• REQUIRED WORK
Locate every line in the material below that has the word "Addr". Copy each of those lines.

+--

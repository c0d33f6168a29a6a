-- ===== src/EventLoop/Map.antt =====
-- httptest-geektime/lib/channel_map.c: the array of channels, which grows by doubling.
use cpp_example_code.Base.{
  ℕ, zero, suc, ◌-◌, ◌*◌, ◌≤◌, ◌<◌, ◌≡◌, refl, ◌⊎◌, inl, inr, Bool, true, false, not, Option, none,
  some, List, [], ◌∷◌, ◌++◌, arith,
}
use native.Mathlib.Nat.{mul-le-mul}
use cpp_example_code.Base.Tests.{leb, ◌==◌, if◌then◌else◌, Bool-cases}
use cpp_example_code.Base.Lists.{
  length, get_or, replicate, length-append, length-replicate, get_or-replicate,
}
use cpp_example_code.EventLoop.State.{Addr, null, ChannelMap}

-- `while (nentries <= slot) nentries <<= 1;`, with no result where an int overflows
unfoldable pub double_until : ℕ → ℕ → ℕ → Option ℕ
double_until zero nentries slot = none
double_until (suc fuel) nentries slot =
    let rest = double_until fuel (2 * nentries) slot in
    if leb nentries slot
    then (if leb 2147483648 (2 * nentries) then none else rest)
    else some nentries

-- `map_make_space`: whether it returned 0, and the map. The product in the call of realloc is an
-- int's.
unfoldable pub map_make_space : Bool → ChannelMap → ℕ → ℕ → Option (Bool × ChannelMap)
map_make_space granted map slot msize =
    if leb map.nentries slot
    then elim (double_until 32 (if map.nentries == 0 then 32 else map.nentries) slot) [
      | none ↦ none
      | some nentries ↦
          if leb 2147483648 (nentries * msize)
          then none
          else if not granted
          then some (false, map)
          else some (
            true,
            record {
              entries = map.entries ++ replicate (nentries - map.nentries) null;
              nentries = nentries;
            },
          )
    ]
    else some (true, map)

unfoldable pub map_init : ChannelMap
map_init = record { entries = []; nentries = 0 }

-- the channels that the loop of `map_clear` frees
unfoldable pub free_entries : List Addr → List Addr
free_entries [] = []
free_entries (a ∷ entries) = if a == null then free_entries entries else a ∷ free_entries entries

-- `map_clear`, with the channels that it frees
unfoldable pub map_clear : ChannelMap → ChannelMap × List Addr
map_clear map = (record { entries = []; nentries = 0 }, free_entries map.entries)

-- The array is as long as the map says.
abbrev pub IsMap : ChannelMap → Type 0
IsMap m = length m.entries ≡ m.nentries

-- the channel of a descriptor, NULL where there is none
abbrev pub channel_at : ChannelMap → ℕ → Addr
channel_at m fd = get_or m.entries fd null

abbrev doubles : ℕ → ℕ → ℕ
doubles zero n = n
doubles (suc k) n = doubles k (2 * n)

double_until-reaches :
    (k n slot : ℕ)
    → 0 < n
    → slot < doubles k n
    → slot < 134217728
    → (m : ℕ) × (double_until (suc k) n slot ≡ some m)
      × (slot < m)
      × ((m ≤ n) ⊎ (m ≤ 2 * slot))
      × (n ≤ m)
unfolding double_until
double_until-reaches zero n slot pos reach small =
    let enough : leb n slot ≡ false = ground arith in
    (n, rw enough refl, reach, inl (omega arith), omega arith)
double_until-reaches (suc k) n slot pos reach small = elim (Bool-cases (leb n slot)) [
  | inr enough ↦ (n, rw enough refl, ground arith, inl (omega arith), omega arith)
  | inl more ↦
      let le : n ≤ slot = ground arith in
      let fits : leb 2147483648 (2 * n) ≡ false = ground arith in
      let (m, e, lt, small', ge) = double_until-reaches k (2 * n) slot (omega arith) reach small in
      (
        m,
        rw (more, fits, double_until) e,
        lt,
        inr (elim small' [ inl a ↦ omega arith | inr b ↦ b ]),
        omega arith,
      )
]

get_or-grown :
    (xs : List Addr) (n i : ℕ) → get_or (xs ++ replicate n null) i null ≡ get_or xs i null
get_or-grown [] n i = get_or-replicate n null i
get_or-grown (x ∷ xs) n zero = refl
get_or-grown (x ∷ xs) n (suc i) = get_or-grown xs n i

-- What making space promises: it returns, with the same channel at every descriptor; the map is as
-- it was where memory is refused, and otherwise has room for the slot.
pub record Spacious (granted : Bool) (m : ChannelMap) (slot : ℕ) (out : Option (Bool × ChannelMap))
    : Type 0 where
  pub ok : Bool
  pub after : ChannelMap
  pub returns : out ≡ some (ok, after)
  pub well_formed : IsMap after
  pub same : (fd : ℕ) → channel_at after fd ≡ channel_at m fd
  pub room : ok ≡ true → slot < after.nentries
  pub answered : granted ≡ true → ok ≡ true
  pub refused : ok ≡ false → after ≡ m
  pub sized : after.nentries ≤ 134217728

-- `map_make_space` ends and makes room, for descriptors below 2 ^ 26 and cells of at most 8 bytes.
pub map_make_space-Spacious :
    (granted : Bool) (m : ChannelMap) (slot msize : ℕ)
    → IsMap m
    → slot < 67108864
    → m.nentries ≤ 134217728
    → msize ≤ 8
    → (Spacious granted m slot (map_make_space granted m slot msize))
unfolding map_make_space
map_make_space-Spacious granted m slot msize formed small size cell =
    elim (Bool-cases (leb m.nentries slot)) [
      | inr enough ↦ rw enough (record {
        ok = true;
        after = m;
        returns = refl;
        well_formed = formed;
        same = λ fd. refl;
        room = λ e. ground arith;
        answered = λ e. refl;
        refused = λ e. absurd (ground arith);
        sized = size;
      })
      | inl full ↦
          let first = if m.nentries == 0 then 32 else m.nentries in
          let pos : 0 < first = ground arith in
          let le_first : m.nentries ≤ first = ground arith in
          let (n, e, lt, le, ge) =
            double_until-reaches 31 first slot pos (omega arith) (omega arith) in
          let top : n ≤ 268435455 = elim le [ inl a ↦ ground arith | inr b ↦ omega arith ] in
          let fits : leb 2147483648 (n * msize) ≡ false = ground (arith, mul-le-mul top cell) in
          rw (full, e, fits, map_make_space)
            (elim (Bool-cases granted) [
              | inl granting ↦ rw granting (record {
                ok = true;
                after = record {
                  entries = m.entries ++ replicate (n - m.nentries) null;
                  nentries = n;
                };
                returns = refl;
                well_formed = omega (
                  arith,
                  length-append m.entries (replicate (n - m.nentries) null),
                  length-replicate (n - m.nentries) null,
                  le_first,
                );
                same = get_or-grown m.entries (n - m.nentries);
                room = λ e. lt;
                answered = λ e. refl;
                refused = λ e. absurd (ground arith);
                sized = elim le [ inl a ↦ ground arith | inr b ↦ omega arith ];
              })
              | inr denied ↦ rw denied (record {
                ok = false;
                after = m;
                returns = refl;
                well_formed = formed;
                same = λ fd. refl;
                room = λ e. absurd (ground arith);
                answered = λ e. absurd (ground arith);
                refused = λ e. refl;
                sized = size;
              })
            ])
    ]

+--

• SOLUTION BELOW
use cpp_example_code.EventLoop.State.{Addr, null, ChannelMap}
unfoldable pub free_entries : List Addr → List Addr
unfoldable pub map_clear : ChannelMap → ChannelMap × List Addr
abbrev pub channel_at : ChannelMap → ℕ → Addr
    (xs : List Addr) (n i : ℕ) → get_or (xs ++ replicate n null) i null ≡ get_or xs i null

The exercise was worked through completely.